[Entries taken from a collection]
------------------------------------------------------------------------
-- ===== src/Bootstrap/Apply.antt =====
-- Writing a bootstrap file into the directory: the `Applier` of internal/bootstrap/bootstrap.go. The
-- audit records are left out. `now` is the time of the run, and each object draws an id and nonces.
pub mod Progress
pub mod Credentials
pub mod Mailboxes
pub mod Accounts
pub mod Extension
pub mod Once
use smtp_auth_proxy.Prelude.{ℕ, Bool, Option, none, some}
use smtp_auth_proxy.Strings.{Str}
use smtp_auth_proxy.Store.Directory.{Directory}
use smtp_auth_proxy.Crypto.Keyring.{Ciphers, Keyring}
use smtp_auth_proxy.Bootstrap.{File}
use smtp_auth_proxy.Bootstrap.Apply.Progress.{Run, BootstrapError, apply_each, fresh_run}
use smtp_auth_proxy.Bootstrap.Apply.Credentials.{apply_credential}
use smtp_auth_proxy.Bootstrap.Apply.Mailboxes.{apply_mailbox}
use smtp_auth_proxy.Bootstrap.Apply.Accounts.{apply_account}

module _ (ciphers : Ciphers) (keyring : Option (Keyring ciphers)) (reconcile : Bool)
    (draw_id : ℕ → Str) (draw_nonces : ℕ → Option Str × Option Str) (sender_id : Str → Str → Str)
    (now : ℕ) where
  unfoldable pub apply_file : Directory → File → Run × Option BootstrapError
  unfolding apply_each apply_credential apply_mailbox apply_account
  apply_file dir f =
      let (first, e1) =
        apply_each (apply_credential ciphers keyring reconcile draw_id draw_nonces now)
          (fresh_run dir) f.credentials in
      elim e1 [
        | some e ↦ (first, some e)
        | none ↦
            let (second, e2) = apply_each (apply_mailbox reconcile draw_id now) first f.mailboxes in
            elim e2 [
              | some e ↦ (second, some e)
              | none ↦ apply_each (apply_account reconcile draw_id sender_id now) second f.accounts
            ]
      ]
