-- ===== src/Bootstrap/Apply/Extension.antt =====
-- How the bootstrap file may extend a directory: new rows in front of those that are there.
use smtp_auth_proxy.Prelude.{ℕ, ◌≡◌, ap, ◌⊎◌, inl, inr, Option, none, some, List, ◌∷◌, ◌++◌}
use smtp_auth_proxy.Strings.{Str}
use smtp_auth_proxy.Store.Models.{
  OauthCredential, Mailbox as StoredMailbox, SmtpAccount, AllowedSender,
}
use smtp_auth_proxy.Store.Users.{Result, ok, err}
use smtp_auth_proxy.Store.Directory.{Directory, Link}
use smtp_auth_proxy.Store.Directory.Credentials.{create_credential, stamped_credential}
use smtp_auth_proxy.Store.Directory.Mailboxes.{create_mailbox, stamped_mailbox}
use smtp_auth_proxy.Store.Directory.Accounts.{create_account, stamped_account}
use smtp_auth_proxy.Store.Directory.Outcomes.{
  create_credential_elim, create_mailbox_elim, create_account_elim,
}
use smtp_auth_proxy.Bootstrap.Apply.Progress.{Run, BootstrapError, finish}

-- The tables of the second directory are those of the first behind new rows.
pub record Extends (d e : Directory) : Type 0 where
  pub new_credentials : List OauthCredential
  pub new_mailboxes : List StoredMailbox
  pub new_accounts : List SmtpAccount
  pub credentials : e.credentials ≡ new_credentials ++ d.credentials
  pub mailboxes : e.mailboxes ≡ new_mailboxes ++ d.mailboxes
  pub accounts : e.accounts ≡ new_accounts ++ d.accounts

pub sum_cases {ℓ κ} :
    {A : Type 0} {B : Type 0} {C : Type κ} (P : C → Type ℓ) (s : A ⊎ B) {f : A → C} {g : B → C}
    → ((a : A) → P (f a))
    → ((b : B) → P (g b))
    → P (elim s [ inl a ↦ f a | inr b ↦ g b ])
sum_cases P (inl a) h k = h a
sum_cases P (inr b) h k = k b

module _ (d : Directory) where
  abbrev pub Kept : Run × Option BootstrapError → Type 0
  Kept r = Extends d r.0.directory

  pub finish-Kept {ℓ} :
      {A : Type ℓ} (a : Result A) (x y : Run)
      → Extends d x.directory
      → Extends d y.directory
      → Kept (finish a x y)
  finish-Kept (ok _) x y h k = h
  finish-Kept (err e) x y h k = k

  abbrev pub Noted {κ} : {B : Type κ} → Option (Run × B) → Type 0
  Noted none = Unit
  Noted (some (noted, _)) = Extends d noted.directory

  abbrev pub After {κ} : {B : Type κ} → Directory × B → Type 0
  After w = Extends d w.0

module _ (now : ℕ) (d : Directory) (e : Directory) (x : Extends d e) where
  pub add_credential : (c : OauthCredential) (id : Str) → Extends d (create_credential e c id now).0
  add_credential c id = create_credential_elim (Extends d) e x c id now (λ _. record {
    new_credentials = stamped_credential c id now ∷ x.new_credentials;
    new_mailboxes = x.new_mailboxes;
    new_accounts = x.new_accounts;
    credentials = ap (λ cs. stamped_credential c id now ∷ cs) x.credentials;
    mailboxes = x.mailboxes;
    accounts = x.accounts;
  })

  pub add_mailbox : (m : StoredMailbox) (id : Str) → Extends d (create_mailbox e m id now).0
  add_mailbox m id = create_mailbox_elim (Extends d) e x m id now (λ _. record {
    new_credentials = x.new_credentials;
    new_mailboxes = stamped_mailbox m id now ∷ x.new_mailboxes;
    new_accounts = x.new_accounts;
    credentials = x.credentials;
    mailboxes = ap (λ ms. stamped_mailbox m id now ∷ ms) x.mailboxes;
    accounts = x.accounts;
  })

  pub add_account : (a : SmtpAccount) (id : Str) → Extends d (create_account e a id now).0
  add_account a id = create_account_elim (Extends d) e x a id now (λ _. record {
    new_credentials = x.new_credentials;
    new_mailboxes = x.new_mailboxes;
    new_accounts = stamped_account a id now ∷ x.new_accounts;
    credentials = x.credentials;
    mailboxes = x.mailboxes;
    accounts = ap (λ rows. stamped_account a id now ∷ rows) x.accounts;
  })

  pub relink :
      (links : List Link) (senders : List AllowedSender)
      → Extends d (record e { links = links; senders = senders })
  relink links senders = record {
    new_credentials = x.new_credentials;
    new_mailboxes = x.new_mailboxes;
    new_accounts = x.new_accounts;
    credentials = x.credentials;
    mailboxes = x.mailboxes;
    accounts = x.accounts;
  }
------------------------------------------------------------------------
> Exercise directions
Nothing but the lines from the one containing "Extends d (record" through the end of the entries belongs in the answer; repeat them exactly.

> Solution
      → Extends d (record e { links = links; senders = senders })
  relink links senders = record {
    new_credentials = x.new_credentials;
    new_mailboxes = x.new_mailboxes;
    new_accounts = x.new_accounts;
    credentials = x.credentials;
    mailboxes = x.mailboxes;
    accounts = x.accounts;
  }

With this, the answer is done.